The DBs are just assistance work mate.


----------



## nathanlowe (Jan 8, 2008)

Tall said:


> Nathan - on your rep you said you didn't feel like you did too well on bench?
> 
> Yet I see that as a positive session with some good volume and working at a solid intensity (as %1rm)
> 
> ...


It was because, two weeks ago, i managed 2 x 3 at 67.5kg. This week i would have failed at that repetition thats all.

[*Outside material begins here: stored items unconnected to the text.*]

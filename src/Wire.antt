-- ===== src/Wire.antt =====
-- Reading bytes out of a slice as the Rust code does: `data[i]`, `&data[a..b]` and
-- `u16::from_be_bytes`, with the panic of an index out of range as an outcome.
-- Errors are those of crates/tls-probe-parser/src/error.rs.
pub mod Cursor
use tls_probe.Outcome.{Outcome, ok, panic, ◌>>=◌}
use tls_probe.Prelude.{
  ℕ, ◌+◌, ◌-◌, ◌*◌, ◌/◌, ◌%◌, Bool, true, false, ◌&&◌, List, [], ◌∷◌, ◌++◌, none, some, leb, length,
  get_elem?, take, drop, if◌then◌else◌, All, ◌<◌,
}

-- A byte is a number below 256.
abbrev pub Bytes : Type 0
Bytes = List ℕ

-- `data[i]`
unfoldable pub byte_at : Bytes → ℕ → Outcome ℕ
byte_at data' i = elim (get_elem? data' i) [ none ↦ panic | some b ↦ ok b ]

-- `u16::from_be_bytes([data[i], data[i + 1]])`
unfoldable pub u16_at : Bytes → ℕ → Outcome ℕ
u16_at data' i = do hi ← byte_at data' i; lo ← byte_at data' (i + 1); ok (hi * 256 + lo)

-- `&data[a..b]`
unfoldable pub slice : Bytes → ℕ → ℕ → Outcome Bytes
slice data' a b =
    if leb a b && leb b (length data') then ok (take (b - a) (drop a data')) else panic

-- `v.to_be_bytes()` of a `u16`
abbrev pub u16_be : ℕ → Bytes
u16_be v = v / 256 ∷ v % 256 ∷ []

abbrev pub u16_list : List ℕ → Bytes
u16_list [] = []
u16_list (v ∷ vs) = v / 256 ∷ v % 256 ∷ u16_list vs

abbrev pub IsBytes : Bytes → Type 0
IsBytes = All (λ b. b < 256)

abbrev pub IsU16 : ℕ → Type 0
IsU16 v = v < 65536
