-- ===== src/Common/Codes.antt =====
-- crates/tls-probe-common/src/codes.rs: the predicates on protocol numbers, and the constants that
-- they name.
use tls_probe.Prelude.{
  ℕ, ◌+◌, ◌*◌, ◌/◌, ◌%◌, ◌<◌, List, [], ◌∷◌, if◌then◌else◌, ◌≡◌, ◌↔◌, Bool, true, ◌&&◌, ◌||◌, arith,
  leb, ◌==◌,
}
use tls_probe.Wire.{IsU16}

abbrev pub content_type_alert : ℕ
content_type_alert = 0x15

abbrev pub content_type_handshake : ℕ
content_type_handshake = 0x16

abbrev pub handshake_client_hello : ℕ
handshake_client_hello = 0x01

abbrev pub handshake_server_hello : ℕ
handshake_server_hello = 0x02

abbrev pub handshake_certificate : ℕ
handshake_certificate = 0x0B

abbrev pub handshake_certificate_request : ℕ
handshake_certificate_request = 0x0D

-- `(value >> 8) as u8`, `(value & 0xFF) as u8` and `hi & 0x0F`.
unfoldable pub is_grease : ℕ → Bool
is_grease value = let hi = value / 256 % 256 in let lo = value % 256 in hi == lo && hi % 16 == 0x0A

-- `filter(|v| !is_grease(v))`
unfoldable pub without_grease : List ℕ → List ℕ
without_grease [] = []
without_grease (v ∷ vs) = let rest = without_grease vs in if is_grease v then rest else v ∷ rest

unfoldable pub is_pqc_sig_alg : ℕ → Bool
is_pqc_sig_alg id = leb 0x0904 id && leb id 0x0906

unfoldable pub is_pqc_group : ℕ → Bool
is_pqc_group id =
    leb 0x0200 id && leb id 0x0202 || leb 0x11E9 id && leb id 0x11ED || id == 0x6399 || id == 0x639A

unfoldable pub is_client_hello : ℕ → Bool
is_client_hello handshake_type = handshake_type == handshake_client_hello

unfoldable pub is_server_hello : ℕ → Bool
is_server_hello handshake_type = handshake_type == handshake_server_hello

grease_form : (v : ℕ) → IsU16 v → is_grease v ≡ true → v ≡ 0x0A0A + 0x1010 * (v / 4096)
unfolding is_grease
grease_form v h g =
    let same : v / 256 % 256 ≡ v % 256 = ground arith in
    let low : v / 256 % 256 % 16 ≡ 10 = ground arith in omega arith

grease_found : (k : ℕ) → k < 16 → is_grease (0x0A0A + 0x1010 * k) ≡ true
unfolding is_grease
grease_found k h =
    let same : (0x0A0A + 0x1010 * k) / 256 % 256 ≡ (0x0A0A + 0x1010 * k) % 256 = omega arith in
    let low : (0x0A0A + 0x1010 * k) / 256 % 256 % 16 ≡ 10 = omega arith in ground arith

-- Of the 16-bit numbers exactly the sixteen of RFC 8701 are GREASE: 0x0A0A, 0x1A1A, to 0xFAFA.
pub is_grease_iff :
    (v : ℕ) → IsU16 v → (is_grease v ≡ true) ↔ ((k : ℕ) × (k < 16) × (v ≡ 0x0A0A + 0x1010 * k))
is_grease_iff v h =
    (λ g. (v / 4096, omega arith, grease_form v h g), λ (k, l, e). rw e (grease_found k l))
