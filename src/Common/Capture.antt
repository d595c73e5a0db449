-- ===== src/Common/Capture.antt =====
-- crates/tls-probe-common/src/domains/tls.rs and process.rs: the capture that the kernel program
-- hands to the user program, and the keys of connections.
use tls_probe.Common.Codes.{handshake_client_hello, handshake_server_hello}
use tls_probe.Prelude.{
  ℕ, zero, suc, ◌+◌, ◌/◌, ◌%◌, ◌≤◌, min, Bool, not, [], ◌∷◌, arith, ◌==◌, length, take, length-take,
  if◌then◌else◌,
}
use tls_probe.Wire.{Bytes}

abbrev pub raw_payload_size : ℕ
raw_payload_size = 4096

abbrev pub raw_capture_header_size : ℕ
raw_capture_header_size = 88

abbrev pub max_reasm_segments : ℕ
max_reasm_segments = 4

-- The flags, each one bit of a byte.
abbrev pub flag_fragment : ℕ
flag_fragment = 1

abbrev pub flag_continuation : ℕ
flag_continuation = 2

abbrev pub flag_alert : ℕ
flag_alert = 4

abbrev pub flag_ingress : ℕ
flag_ingress = 8

-- `flags & bit != 0` for a power of two
abbrev pub has_flag : ℕ → ℕ → Bool
has_flag flags bit = flags / bit % 2 == 1

-- `flags |= bit` for a power of two
abbrev pub set_flag : ℕ → ℕ → ℕ
set_flag flags bit = if has_flag flags bit then flags else flags + bit

pub record ConnKey : Type 0 where
  pub src_addr : Bytes
  pub dst_addr : Bytes
  pub src_port : ℕ
  pub dst_port : ℕ

pub record ConnInfo : Type 0 where
  pub pid : ℕ
  pub tgid : ℕ
  pub comm : Bytes
  pub cgroup_id : ℕ

pub record RawTlsCapture : Type 0 where
  pub timestamp_ns : ℕ
  pub cgroup_id : ℕ
  pub src_addr : Bytes
  pub dst_addr : Bytes
  pub src_port : ℕ
  pub dst_port : ℕ
  pub is_ipv6 : ℕ
  pub handshake_type : ℕ
  pub record_version : ℕ
  pub payload_len : ℕ
  pub tcp_seq : ℕ
  pub flags : ℕ
  pub content_type : ℕ
  pub pid : ℕ
  pub comm : Bytes
  pub payload : Bytes

pub record ReasmKey : Type 0 where
  pub conn : ConnKey
  pub dir : ℕ

pub record ReasmState : Type 0 where
  pub remaining : ℕ
  pub segments_left : ℕ

-- `vec![0; n]`
abbrev pub zeros : ℕ → Bytes
zeros zero = []
zeros (suc n) = 0 ∷ zeros n

-- The fields of `RawTlsCapture::default()`, with an empty payload where that has zeros.
abbrev pub default_capture : RawTlsCapture
default_capture = record {
  timestamp_ns = 0;
  cgroup_id = 0;
  src_addr = zeros 16;
  dst_addr = zeros 16;
  src_port = 0;
  dst_port = 0;
  is_ipv6 = 0;
  handshake_type = 0;
  record_version = 0;
  payload_len = 0;
  tcp_seq = 0;
  flags = 0;
  content_type = 0;
  pid = 0;
  comm = zeros 16;
  payload = [];
}

-- `is_ipv6()`
abbrev pub has_ipv6 : RawTlsCapture → Bool
has_ipv6 c = not (c.is_ipv6 == 0)

unfoldable pub payload_slice : RawTlsCapture → Bytes
payload_slice c = take (min c.payload_len raw_payload_size) c.payload

unfoldable pub is_client_hello : RawTlsCapture → Bool
is_client_hello c = c.handshake_type == handshake_client_hello

unfoldable pub is_server_hello : RawTlsCapture → Bool
is_server_hello c = c.handshake_type == handshake_server_hello

-- A payload is never longer than the array that holds it.
pub length-payload_slice-le : (c : RawTlsCapture) → length (payload_slice c) ≤ raw_payload_size
unfolding payload_slice
length-payload_slice-le c =
    omega (arith, length-take (min c.payload_len raw_payload_size) c.payload)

Shall i do the same next week and week after until im hitting doubles and triples at 70 ?


----------



## nathanlowe (Jan 8, 2008)

Wednesday 3rd December

Bent Over Row - 45kg 5 x 5

Lat Pulldowns - 45kg 3 x 8

Deadlift - 80kg x 8, 90kg x 6, 100kg x 4, 110kg x 3, 120kg x 1

Seated Row - 40kg 3 x 8

Dips - 3 x 8

Skullcrushers - 17.5kg 5 x 5

Still got a sore lower rightside of my back. For some reason it didnt hurt to do deadlifts but hurt to do chinups. Sounds crazy ino.


----------



## Tall (Aug 14, 2007)

nathanlowe said:


> It was because, two weeks ago, i managed 2 x 3 at 67.5kg. This week i would have failed at that repetition thats all.
> 
> Shall i do the same next week and week after until im hitting doubles and triples at 70 ?


Nathan - you still hit 8 reps @ 67.5kg. Fine you didn't hit a triple, but the volume was still up there.

And yes I think you can see the plan now.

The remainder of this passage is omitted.